SUMMARY OF THE INVENTION It is an object of the present invention to provide a cathode ray tube capable of ensuring structural strength of a shadow mask while minimizing scanning distortion of electron beams.

The structure of the cathode ray tube in order to realize the above-mentioned object of the present invention is: a kind of cathode ray tube, and it comprises: panel, has the inner curved surface of flat outer surface and band fluorescent screen basically, panel has the effective screen part that is substantially rectangular, wherein The two long sides are parallel to each other, the two short sides are parallel to each other, and the four circular sides connect each long side with the adjacent short side. The structure of the effective screen part is that the first line V1 connecting the midpoints of the long sides, The second line H1 connecting the midpoints of the short sides and the third line D1 connecting the midpoints of the opposite circular sides intersect at one point, and the effective screen portion has a first thickness Tv at the midpoint of the long side and a second thickness Th at the midpoint of the short side , there is a third thickness Td at the midpoint of the circular edge, and a fourth thickness Tc at the intersection of the first to third lines V1, H1, D1; the shadow mask set in the panel, the shadow mask faces the inner surface of the panel, and its curvature The radius coincides with the inner surface of the panel.

The ratio of the second thickness Th and the third thickness Td minus the fourth thickness Tc satisfies the following conditions: 0.75≤(Th-Tc)/(Td-Tc)≤0.85; both the first thickness Tv and the third thickness Td The ratio after subtracting the fourth thickness Tc satisfies the following condition: 0.75≤(Tv-Tc)/(Td-Tc)≤0.85. The ratio of the third thickness Td to the fourth thickness Tc satisfies: Td/Tc≤2.

The first line V1 of the effective screen part of the panel has a first curvature radius Rv, the second line H1 has a second curvature radius Rh, and the third line D1 has a third curvature radius Rd. The relationship between the curvature radii Rv, Rh, and Rd is: Rv≤Rh ≤Rd.

Description of drawings

The accompanying drawings included in this application can provide further understanding of the present invention, and it cooperates with and constitutes a part of the specification. in:

FIG. 1 is a schematic partial cross-sectional view of a cathode ray tube according to an embodiment of the present invention;

Figure 2 is a front view of the active screen portion of the panel shown in Figure 1;

Fig. 3 is a sectional view of the panel shown in Fig. 1;

Figure 4 is another cross-sectional view of the panel shown in Figure 1;

Fig. 5 is yet another cross-sectional view of the panel shown in Fig. 1 .

Detailed ways

The present invention will be described in detail below through preferred embodiments with reference to the accompanying drawings.

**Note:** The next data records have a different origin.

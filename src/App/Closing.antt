-- ===== src/App/Closing.antt =====
-- Close, uploadMetadata and uploadKeyMetadata of internal/app/app.go.
use bt_go.Prelude.{
  ℕ, suc, Bool, List, [], ◌∷◌, ◌++◌, Text, Bytes, codes, Result, Error, ok, err, length, Act, lift,
  ◌>>=◌, ◌>>◌, if◌then◌else◌,
}
use bt_go.Database.Tables.{Tables}
use bt_go.Database.Sqlite.{Sources, finish_backup_operation}
use bt_go.Vault.{Vault}
use bt_go.Encryption.{Encryptor}
use bt_go.Service.Backup.{Backend, on_db, on_vault}
use bt_go.App.Operation.{BackupOperation, persisted}
use bt_go.App.{BtApp, db_name}

-- What Close finds outside the program: the copy of the database that BackupTo makes, whether the
-- key files are there, and what is in them.
pub record Surroundings : Type 0 where
  pub dump : Tables → Result Bytes
  pub is_configured : Bool
  pub key_file : Text → Result Bytes
  pub public_key_path : Text
  pub private_key_path : Text

-- The errors that were collected.
abbrev pub errors_of : Result (Unit {0}) → List Error
errors_of (ok _) = []
errors_of (err e) = e ∷ []

module _ {V : Type 0} (vault : Vault V) (encryptor : Encryptor) (host_id : Text)
    (around : Surroundings) where
  -- The encrypted copy, which goes through a temporary file.
  unfoldable pub encrypt_backup : Bytes → Act (Backend V) Bytes
  encrypt_backup contents w =
      (encryptor.encrypt w.encryptions (ok contents), record w { encryptions = suc w.encryptions })

  abbrev pub put_db : Bytes → ℕ → Act (Backend V) (Unit {0})
  put_db contents version =
      on_vault (vault.put_metadata host_id db_name (ok contents) (length contents) version)

  unfoldable pub upload_metadata : Bytes → ℕ → Act (Backend V) (Unit {0})
  unfolding encrypt_backup
  upload_metadata contents version =
      if around.is_configured
      then (do cipher ← encrypt_backup contents; put_db cipher version)
      else put_db contents version

  unfoldable pub upload_key : Text → Text → Act (Backend V) (Unit {0})
  upload_key name path = do
    contents ← lift (around.key_file path)
    on_vault (vault.put_metadata host_id name (ok contents) (length contents) 1)

  -- The loop over the two keys.
  unfoldable pub upload_key_metadata : Act (Backend V) (Unit {0})
  unfolding upload_key
  upload_key_metadata = do
    upload_key (codes "public_key") around.public_key_path
    upload_key (codes "private_key") around.private_key_path

  -- The copy of the database as it is after the operation was finished, under the operation's id.
  unfoldable pub upload_dump : ℕ → Act (Backend V) (Unit {0})
  unfolding upload_metadata
  upload_dump version w = elim (around.dump w.db.tables) [
    | err e ↦ (err e, w)
    | ok contents ↦ upload_metadata contents version w
  ]

  abbrev pub upload_keys_if_configured : Act (Backend V) (Unit {0})
  upload_keys_if_configured w = if around.is_configured then upload_key_metadata w else (ok tt, w)

module _ {V : Type 0} (vault : Vault V) (encryptor : Encryptor) (host_id : Text)
    (around : Surroundings) (db_sources : Sources) where
  -- Each step is made whatever became of those before it.
  unfoldable pub finish_and_upload : BackupOperation → Backend V → List Error × Backend V
  unfolding upload_dump upload_key_metadata
  finish_and_upload op w =
      let finished = on_db (finish_backup_operation db_sources op.id op.status) w in
      let uploaded = upload_dump vault encryptor host_id around op.id finished.1 in
      let keys = upload_keys_if_configured vault encryptor host_id around uploaded.1 in
      (errors_of finished.0 ++ (errors_of uploaded.0 ++ errors_of keys.0), keys.1)

module _ {V S : Type 0} (vault : Vault V) (encryptor : Encryptor) (host_id : Text)
    (around : Surroundings) (db_sources : Sources) where
  -- An operation that was not recorded leaves nothing to upload.
  abbrev pub close_persisted : BtApp V S → List Error × Backend V → List Error × BtApp V S
  close_persisted app (errors, w) = (errors, record app { backend = w })

  unfoldable pub close_app : BtApp V S → List Error × BtApp V S
  unfolding finish_and_upload
  close_app app =
      if persisted app.op
      then close_persisted app
          (finish_and_upload vault encryptor host_id around db_sources app.op app.backend)
      else ([], app)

As shown in FIG. 1 , a cathode ray tube includes a neck 4 containing an electron gun 2 , a funnel 6 connected to the neck 4 and a panel 8 sealingly connected to the funnel 6 .

The panel 8 has an inner curved surface with a fluorescent screen (not shown) and a generally planar outer surface. The shadow mask 10 is disposed inside the panel 8 , facing the inner curved surface, and the shadow mask 10 is bent to match the inner curved surface of the panel 8 .

FIG. 2 shows the substantially rectangular active screen portion of panel 8 . As shown, the effective screen portion of the panel 8 has two long sides 12 parallel to each other, two short sides 14 parallel to each other, and four rounded sides 16 connecting each long side 12 with the adjacent short side. In the figure, the first imaginary line V1 connects the midpoints of the long sides 12 , the second imaginary line H1 connects the midpoints of the short sides 14 ; the third imaginary line D1 connects the centers of the opposite circular sides 16 . Three imaginary lines V1, H1 and D1 are shown in dotted lines in the figure and intersect at a point 18.

The effective screen portion of the panel 8 has a first thickness TV at the midpoint of the long side 12, a second thickness Th at the midpoint of the short side 14, a third thickness Td at the midpoint of the circular side 16, and three imaginary lines V1, H1 and D1 The intersection point 18 has a fourth thickness Tc.

The ratio of the second thickness Th and the third thickness Td minus the fourth thickness Tc satisfies the following conditions: 0.75≤(Th-Tc)/(Td-Tc)≤0.85; both the first thickness Tv and the third thickness Td The ratio after subtracting the fourth thickness Tc satisfies the following condition: 0.75≤(Tv-Tc)/(Td-Tc)≤0.85.

In the above relationship, if the minimum value is less than 0.75, scanning distortion will increase due to electron beam deflection; on the contrary, if the maximum value is greater than 0.85, the curvature of the inner surface of the panel 8 is too small, so that the overall curvature of the shadow mask 10 is too small to fully maintain its strength.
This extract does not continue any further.